Supported data file formats
Routine Load now supports consuming CSV and JSON format data from a Confluent cluster.
NOTE
As for data in CSV format, CelerData supports UTF-8 encoded strings within 50 bytes as column separators. Commonly used column separators include comma (,), tab and pipe (|).
How it works
Before you begin
Configuring networks for CelerData to access Confluent Cloud cluster
-
Make sure the subnet for CelerData in your VPC can connect to the Internet.
- If CelerData is in a private subnet, make sure that a NAT gateway is configured for the private subnet so that CelerData can connect to the internet.
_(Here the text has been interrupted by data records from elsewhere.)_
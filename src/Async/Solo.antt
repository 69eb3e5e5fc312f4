-- ===== src/Async/Solo.antt =====
-- Runs in which the worker of src/async_backend.cpp makes every step.
use logparse.Base.{ℕ, zero, suc, ◌≡◌, refl, ◌∙◌, List, [], ◌∷◌}
use logparse.Async.{Async, Event}
use logparse.Async.Steps.{Step, push_taken, Run, start, then_step, taken, taken-cons, Run-append}
use logparse.Async.Work.{by_worker}
use logparse.Platform.{Platform}

module _ {Tm : Type 0} (os : Platform Tm) where
  -- So many steps of the worker, and no step of another thread.
  pub data Solo : Async → ℕ → Async → Type 0 where
    rest : {s : Async} → Solo s zero s
    work_on :
        {s t u : Async} {e : Event} {n : ℕ} (st : Step os s e t)
        → by_worker os st ≡ 1
        → Solo t n u
        → Solo s (suc n) u

  -- The worker puts nothing into the queue.
  pub taken-by_worker :
      {s t : Async} {e : Event} (st : Step os s e t) → by_worker os st ≡ 1 → taken (e ∷ []) ≡ []
  unfolding by_worker taken
  taken-by_worker (push_taken r q e) h = cc h
  taken-by_worker _ h = refl

  -- Such a run is a run of the backend without a new record.
  pub Solo-Run :
      {s t : Async} {n : ℕ} → Solo s n t → (es : List Event) × Run os s es t × (taken es ≡ [])
  unfolding taken
  Solo-Run rest = ([], start, refl)
  Solo-Run (work_on {e} st w more) =
      let (es, r, none) = Solo-Run more in
      (
        e ∷ es,
        Run-append os (then_step start st refl) r,
        taken-cons e es ∙ cc (taken-by_worker st w, none),
      )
- If CelerData is in a public subnet, CelerData can connect to the internet by default.
-
For security purposes, please add the following outbound rule to the security group for your VPC, so that CelerData in your VPC can access Confluent cloud.
-
Set Port range to
9092
.Note
Make sure the port is the port of your Bootstrap server on Confluent cloud.
-
Set Destination. You can find Confluent Cloud cluster Egress IPs through
Cluster Overview > Networking > Egress IPs
on Confluent Cloud according to Get started with Static Egress IP Addresses. Remember that you should set all the Confluent Cloud cluster Egress IPs.
-
-
(Optional) If Confluent enables firewall mechanisms, add the following IP address of your CelerData cluster (FE and BE) to the Access Control List of the Confluent cluster.
-
If CelerData is in a private subnet for your VPC on AWS Add the Elastic IP addresses of your NAT gateway for your CelerData cluster (FEs and BEs) into your Confluent Cloud cluster's ACL. You can find the Elastic IP address through
VPC > NAT Gateways
. You need to select the NAT gateway for your private subnet. And then you can find the Elastic IP address as below. -
If CelerData is in a public subnet for your VPC on AWS Add the Public IP addresses of your CelerData cluster (FEs and BEs) into your Confluent Cloud Cluster's ACL allowlist. You can find the Public IPs on AWS through
EC2 > Instances
.
-
Basic operations
Create a Routine Load job
The following two examples show how to consume CSV-formatted and JSON-formatted data in a Confluent Cloud cluster, and load the data into CelerData by creating a Routine Load job. For more information, see CREATE ROUTINE LOAD.
Load CSV-format data
This section describes how to create a Routine Load job to consume CSV-format data in a Confluent Cloud cluster, and load the data into CelerData.
Prepare a dataset
Suppose there is a CSV-format dataset in the topic ordertest1
in a Confluent Cloud cluster Every message in the dataset includes six fields, which represent order ID, payment date, customer name, nationality, gender, and price.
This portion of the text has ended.